L’article 1366 du Code civil reconnaît explicitement la valeur probante de l’écrit électronique : « L’écrit électronique a la même force probante que l’écrit sur support papier, sous réserve que puisse être dûment identifiée la personne dont il émane et qu’il soit établi et conservé dans des conditions de nature à en garantir l’intégrité. » La capture d’écran, en tant que représentation d’un écrit électronique, doit donc s’inscrire dans cette logique de fiabilité et d’intégrité.

En pratique, les juridictions françaises admettent régulièrement les captures d’écran comme moyens de preuve. Cependant, elles sont souvent considérées comme de simples commencements de preuve nécessitant d’être corroborés par d’autres éléments (témoignages, constats, métadonnées, journaux de connexion, etc.).

Recevabilité vs force probante : ce que les entreprises doivent comprendre

Pour une entreprise, la nuance est déterminante :

  • Recevabilité : le juge accepte d’examiner la capture d’écran. C’est le cas la plupart du temps, sauf si elle a été obtenue par un procédé clairement illicite (violation du secret des correspondances, piratage, atteinte manifeste à la vie privée, etc.).
  • Force probante : le juge accorde à cette capture une valeur plus ou moins importante dans son raisonnement. Une simple impression d’écran réalisée unilatéralement, sans autre garantie, sera plus facilement contestée.

Il est donc stratégique de travailler sur la robustesse de la preuve, en anticipant les contestations potentielles de la partie adverse :

  • Facilité avec laquelle la capture peut être modifiée (retouche d’image, montage, recadrage trompeur).
  • Absence de date fiable ou de contexte (origine du contenu, auteur, support).
  • Absence de traçabilité sur les conditions de réalisation de la capture.

Dans un procès, l’objectif est de donner au juge des éléments qui lui permettent d’être convaincu du caractère authentique et complet de la capture d’écran, au-delà de la simple image.

Les risques liés aux captures d’écran non sécurisées

Utiliser une capture d’écran « brute » comporte plusieurs risques :

  • Facilité de falsification : une simple modification via un logiciel de retouche permet d’ajouter, de supprimer ou de transformer des éléments. Si la partie adverse le soulève, le juge pourra en tenir compte et minimiser la valeur de la preuve.
  • Contexte incomplet : un recadrage trop serré peut masquer des éléments importants (date, auteur, fil de discussion, URL, mentions légales). Cette absence de contexte fragilise la crédibilité de la capture.
  • Problèmes de datation : si la capture n’est pas associée à un horodatage fiable, il peut être difficile de prouver qu’elle reflète la situation à une date donnée.
  • Atteintes potentielles à la vie privée ou au secret des affaires : certaines captures peuvent contenir des données sensibles ou des informations sur des tiers, ce qui nécessite des précautions spécifiques (floutage, anonymisation, tri des pièces produites).

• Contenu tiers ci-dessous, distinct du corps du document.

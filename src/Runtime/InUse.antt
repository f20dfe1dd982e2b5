-- ===== src/Runtime/InUse.antt =====
-- Whether an operation identifier or a URL flow is in use anywhere (runtime_state.rs).
use attyd.Common.{
  ℕ, String, Bool, true, false, not, ◌&&◌, ◌||◌, Option, none, some, List, [], ◌∷◌, str_eq, ◌==◌,
  is_text, is_some, is_some_and,
}
use attyd.Common.Dict.{lookup}
use attyd.Json.{Json}
use attyd.Session.Types.{
  SessionOperationKind, load, resume, fork, close, delete, set_mode, set_config, SessionState,
  SessionOperationState, PendingInteraction,
}
use attyd.Session.Admission.{turn_execution}
use attyd.Registry.Types.{SessionEntry, SessionRegistry}

abbrev pub kind_eq : SessionOperationKind → SessionOperationKind → Bool
kind_eq load load = true
kind_eq resume resume = true
kind_eq fork fork = true
kind_eq close close = true
kind_eq delete delete = true
kind_eq set_mode set_mode = true
kind_eq set_config set_config = true
kind_eq _ _ = false

pub record Reservation : Type 0 where
  pub session_id : String
  pub incarnation : ℕ
  pub kind : SessionOperationKind

abbrev pub any_value {ℓ} : {V : Type ℓ} → (V → Bool) → List (String × V) → Bool
any_value p [] = false
any_value p ((k, v) ∷ rest) = p v || any_value p rest

module _ {J : Json} where
  abbrev pub responds : String → PendingInteraction J → Bool
  responds operation_id interaction = is_text interaction.responding_operation_id operation_id

  unfoldable pub is_reserved_slot :
      SessionState J → SessionOperationState → Option Reservation → Bool
  is_reserved_slot s operation none = false
  is_reserved_slot s operation (some reservation) =
      str_eq s.session_id reservation.session_id
      && (s.incarnation == reservation.incarnation)
      && kind_eq operation.kind reservation.kind
      && str_eq operation.stage "reserved"

  unfoldable pub uses_operation : String → Option Reservation → SessionEntry J → Bool
  unfolding is_reserved_slot turn_execution
  uses_operation operation_id reservation entry =
      is_some_and (turn_execution entry.state) (λ e. str_eq e.rpc_operation_id operation_id)
      || is_some_and entry.state.operation (λ o.
        str_eq o.operation_id operation_id && not (is_reserved_slot entry.state o reservation))
      || is_some_and entry.state.live (λ live.
        any_value (responds operation_id) live.permissions
        || any_value (responds operation_id) live.elicitations)

  unfoldable pub operation_in_use_except_reserved :
      SessionRegistry J → String → Option Reservation → Bool
  unfolding uses_operation
  operation_in_use_except_reserved r operation_id reservation =
      any_value (uses_operation operation_id reservation) r.sessions
      || any_value (responds operation_id) r.request_elicitations

  unfoldable pub operation_in_use : SessionRegistry J → String → Bool
  unfolding operation_in_use_except_reserved
  operation_in_use r operation_id = operation_in_use_except_reserved r operation_id none

  unfoldable pub url_flow_in_use : SessionRegistry J → String → Bool
  url_flow_in_use r elicitation_id =
      is_some (lookup elicitation_id r.request_url_flows)
      || any_value
          (λ (entry : SessionEntry J).
            is_some_and entry.state.live (λ live. is_some (lookup elicitation_id live.url_flows)))
          r.sessions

Dans un environnement d’entreprise, ces risques ne sont pas seulement probatoires : ils peuvent également engager la responsabilité de la société (RGPD, confidentialité, respect des chartes internes informatiques, etc.).

Bonnes pratiques pour réaliser des captures d’écran utilisables en justice

Pour maximiser la valeur de vos captures d’écran, il est recommandé d’adopter une méthodologie rigoureuse dès la collecte :

  • Inclure un maximum de contexte :
    • Afficher la barre d’adresse (URL), l’horloge système, le nom de l’application ou de l’onglet.
    • Conserver la vue complète de la page ou de la conversation, dans la mesure du possible, plutôt qu’un simple extrait.
  • Ne pas retoucher la capture :
    • Éviter toute modification susceptible de remettre en cause l’intégrité de l’image.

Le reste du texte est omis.